Monday, May 15, 2006
Attention Must Be Paid
Although Re-imagineering’s goal is to catalog the litany of missteps within WDI over the last couple decades, when an Imagineer and his team not only 'get it' but get it right, attention MUST be paid.
Expedition Everest, the new themed coaster at Disney’s Animal Kingdom in Orlando, continues to expand upon and advance the rich traditions of Disney's classic attractions. Hats off to Joe Rohde and the entire team of passionate designers, craftspeople and storytellers who stayed true to their vision despite the constant threat of corporate meddling.
• Most notable, this is an attraction not based on a preconceived film property. In a hobbled WDI culture where nothing gets off the ground unless it’s firmly hog-tied to a synergistic game plan, getting an original idea to fly is next to impossible. Let us hope this is the beginning of a beautiful trend.
• This is an attraction with timeless appeal. Yesterday, today and tomorrow the legend of the Yeti isn’t going away anytime soon. Here is an investment with built in resonance decades from today.
• Working in the Eisner era of relentless penny pinching, Joe Rohde and his team fought for and somehow secured several tours of China, India and the Himalayas to research the culture, architecture and landscapes that informed this attraction. Is the exorbitant cost of sending a team halfway across the earth to do research for a theme park attraction really going to make any difference?
Such obsessive attention to the tiniest detail is what the theme in Disney theme park is all about, every bit of it in the service of transporting guests to a wholly authentic world that not only delights but challenges and informs. Who knows how many countless visitors will be inspired to learn more about the architecture of ancient temples of China, backpack through Paro Bhutan or study the rich history of Nepal?
• Expedition Everest is an attraction that explicitly understands that a loving regard for story is at the very core of Disney’s best theme park attractions.
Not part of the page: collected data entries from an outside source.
-- ===== src/DiamondTypes/Graph/Dominators/Top.antt =====
-- Which versions of the queue of `find_dominators_full_internal` in
-- tools/diamond-types/src/causalgraph/graph/tools.rs are dominators.
use egwalker_paper.Base.{
  ℕ, ◌+◌, ◌*◌, ◌≤◌, ◌<◌, ◌≡◌, refl, sym, subst, ◌⊎◌, ◌↔◌, inl, inr, true, ◌&&◌, ◌||◌, List, ◌∷◌,
  some, ltb, ltb→lt, ◌==◌, ==_iff, contains, get_elem?, arith, Bool-cases, All,
}
use egwalker_paper.OtBench.Graph.Ancestors.{Anc, Anc-le, All-contains}
use egwalker_paper.DiamondTypes.Graph.{GraphEntryInternal}
use egwalker_paper.DiamondTypes.Graph.Expand.{expand}
use egwalker_paper.DiamondTypes.Graph.Runs.{Has, IsDag, run_history, dag-IsCausal}
use egwalker_paper.DiamondTypes.Graph.Chain.{chain}
use egwalker_paper.DiamondTypes.Graph.Tools.{Queue as Heap}
use egwalker_paper.DiamondTypes.Graph.Tools.Queue.{IsDescending}
use egwalker_paper.DiamondTypes.Graph.Dominators.{is_input, version}
use egwalker_paper.DiamondTypes.Graph.Dominators.Queue.{code_cases}
use egwalker_paper.DiamondTypes.Graph.Dominators.Take.{dropped}

module _ (es : List GraphEntryInternal) (hi : ℕ) (dag : IsDag es hi) where
  -- `y` is an input in the history of no other version of the queue.
  pub record IsTop (q : Heap) (y : ℕ) : Type 0 where
    pub input : contains q (y * 2) ≡ true
    pub normal : (u : ℕ) → contains q (u * 2 + 1) ≡ true → ¬ Anc (expand es) u y
    pub others : (w : ℕ) → contains q (w * 2) ≡ true → Anc (expand es) w y → w ≡ y

  -- The queue of the next round.
  pub record IsNext (start : ℕ) (ps : List ℕ) (q r : Heap) : Type 0 where
    pub has_input : (y : ℕ) → contains r (y * 2) ≡ (contains q (y * 2) && ltb (y * 2) (start * 2))
    pub has_normal :
        (y : ℕ)
        → contains r (y * 2 + 1)
          ≡ (contains ps y || (contains q (y * 2 + 1) && ltb (y * 2 + 1) (start * 2)))

  pub member_le : (c d : ℕ) (q : Heap) → All (λ x. x ≤ c) q → contains (c ∷ q) d ≡ true → d ≤ c
  member_le c d q h k = elim (Bool-cases (c == d)) [
    | inl e ↦ ground (arith, e)
    | inr e ↦ All-contains (λ x. x ≤ c) q d h (rw e at k)
  ]

  -- The greatest version of the queue is a dominator if it is there as an input only.
  pub head-IsTop : (v : ℕ) (q : Heap) → IsDescending (v * 2 ∷ q) → IsTop (v * 2 ∷ q) v
  head-IsTop v q h = record {
    input = ground (arith, (==_iff (v * 2) (v * 2)).1 refl);
    normal = λ u k a. absurd (
        omega (
          arith,
          member_le (v * 2) (u * 2 + 1) q h.0 k,
          Anc-le (expand es) (dag-IsCausal es hi dag) a,
        ));
    others = λ w k a.
        omega
          (arith, member_le (v * 2) (w * 2) q h.0 k, Anc-le (expand es) (dag-IsCausal es hi dag) a);
  }

  pub input-IsTop :
      (c y : ℕ) (q : Heap)
      → IsDescending (c ∷ q)
      → is_input c ≡ true
      → version c ≡ y
      → IsTop (c ∷ q) y
  input-IsTop c y q falling t same = elim (code_cases c) [
    | inr (f, _) ↦ absurd (ground (arith, t, f))
    | inl (_, d) ↦ subst (IsTop (c ∷ q)) same (
        subst (λ x. IsTop (x ∷ q) (version c)) (sym d)
          (head-IsTop (version c) q (subst (λ x. IsDescending (x ∷ q)) d falling)))
  ]

  -- A version with the greatest version of the queue above it is no dominator.
  pub top_head :
      (c y : ℕ) (q : Heap)
      → IsTop (c ∷ q) y
      → Anc (expand es) (version c) y
      → (is_input c ≡ true) × (version c ≡ y)
  top_head c y q h a = elim (code_cases c) [
    | inl (t, e) ↦
        let there : contains (c ∷ q) (version c * 2) ≡ true =
          ground (arith, (==_iff c (version c * 2)).1 e) in
        (t, h.others (version c) there a)
    | inr (t, e) ↦
        let there : contains (c ∷ q) (version c * 2 + 1) ≡ true =
          ground (arith, (==_iff c (version c * 2 + 1)).1 e) in
        absurd (h.normal (version c) there a)
  ]

  module _ (i : ℕ) (e : GraphEntryInternal) (g : get_elem? es i ≡ some e) (c : ℕ) (q r : Heap)
      (has : Has e (version c)) (falling : IsDescending (c ∷ q))
      (next : IsNext e.span.start e.parents q r) where
    start_le : e.span.start * 2 ≤ c
    start_le = ground (arith, has.0)

    -- What the next queue has of the queue.
    pub input_iff :
        (y : ℕ)
        → (contains r (y * 2) ≡ true) ↔ ((contains (c ∷ q) (y * 2) ≡ true) × (y < e.span.start))
    input_iff y =
        let d = dropped (e.span.start * 2) (y * 2) c q start_le in
        let k = next.has_input y in
        (λ h. (ground (arith, d, k, h), ground (arith, k, h)), λ (h, l). ground (arith, d, k, h, l))

    normal_iff :
        (u : ℕ)
        → (contains r (u * 2 + 1) ≡ true) ↔ (
            (contains e.parents u ≡ true)
            ⊎ ((contains (c ∷ q) (u * 2 + 1) ≡ true) × (u < e.span.start)))
    normal_iff u =
        let d = dropped (e.span.start * 2) (u * 2 + 1) c q start_le in
        let k = next.has_normal u in
        (
          λ h. elim (Bool-cases (contains e.parents u)) [
            | inl t ↦ inl t
            | inr t ↦ inr (ground (arith, d, k, h, t), ground (arith, k, h, t))
          ],
          elim [ inl t ↦ ground (arith, k, t) | inr (h, l) ↦ ground (arith, d, k, h, l) ],
        )

    -- A version of the queue in the run has the history of a parent below it.
    below_run :
        (u y : ℕ)
        → e.span.start ≤ u
        → u ≤ version c
        → y < e.span.start
        → Anc (expand es) u y
        → IsTop r y
        → ⊥
    below_run u y l m k a h =
        let (p, t, b) = (run_history es hi dag i e g u y (l, omega (arith, has.1)) k).0 a in
        h.normal p ((normal_iff p).1 (inl t)) b

    pub IsTop-next :
        (y : ℕ) → IsTop (c ∷ q) y ↔ (((is_input c ≡ true) × (version c ≡ y)) ⊎ IsTop r y)
    IsTop-next y = (
      λ h.
          (let le : y * 2 ≤ c = member_le c (y * 2) q falling.0 h.input in
            let le' : y ≤ version c = ground (arith, le) in
            elim (Bool-cases (ltb y e.span.start)) [
              | inr t ↦ inl (
                  top_head c y q h
                    (chain es hi dag i e g (version c) y has (ground (arith, t)) le'))
              | inl t ↦
                  let l : y < e.span.start = ltb→lt y e.span.start t in
                  inr (record {
                    input = (input_iff y).1 (h.input, l);
                    normal = λ u k a. elim ((normal_iff u).0 k) [
                      | inl p ↦
                          let (_, same) =
                            top_head c y q h
                              ((run_history es hi dag i e g (version c) y has l).1 (u, p, a)) in
                          absurd (omega (arith, has.0, same))
                      | inr p ↦ h.normal u p.0 a
                    ];
                    others = λ w k a. h.others w ((input_iff w).0 k).0 a;
                  })
            ]),
      elim [
        | inl (t, same) ↦ input-IsTop c y q falling t same
        | inr h ↦
            let (there, l) = (input_iff y).0 h.input in
            record {
              input = there;
              normal = λ u k a. elim (Bool-cases (ltb u e.span.start)) [
                | inl t ↦ h.normal u ((normal_iff u).1 (inr (k, ltb→lt u e.span.start t))) a
                | inr t ↦
                    let le = member_le c (u * 2 + 1) q falling.0 k in
                    below_run u y (ground (arith, t)) (ground (arith, le)) l a h
              ];
              others = λ w k a. elim (Bool-cases (ltb w e.span.start)) [
                | inl t ↦ h.others w ((input_iff w).1 (k, ltb→lt w e.span.start t)) a
                | inr t ↦
                    let le = member_le c (w * 2) q falling.0 k in
                    absurd (below_run w y (ground (arith, t)) (ground (arith, le)) l a h)
              ];
            }
      ],
    )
From the first curve in the pre-show queue, the tall tale of the legendary Yeti of the Himalayas has already begun to cleverly unfold. Surrounded on all sides by the rich visual mythology of the region (in the fictional village of Serka Zong) guests instantly become active participants in their own adventure with the promise of danger and excitement just over the hill. Within the ride itself carefully choreographed set-ups and pay-offs, complications and resolutions, cliff-hangers both literal and figurative and a well orchestrated climax add to the rich storytelling tradition that is Disney Imagineering at it finest.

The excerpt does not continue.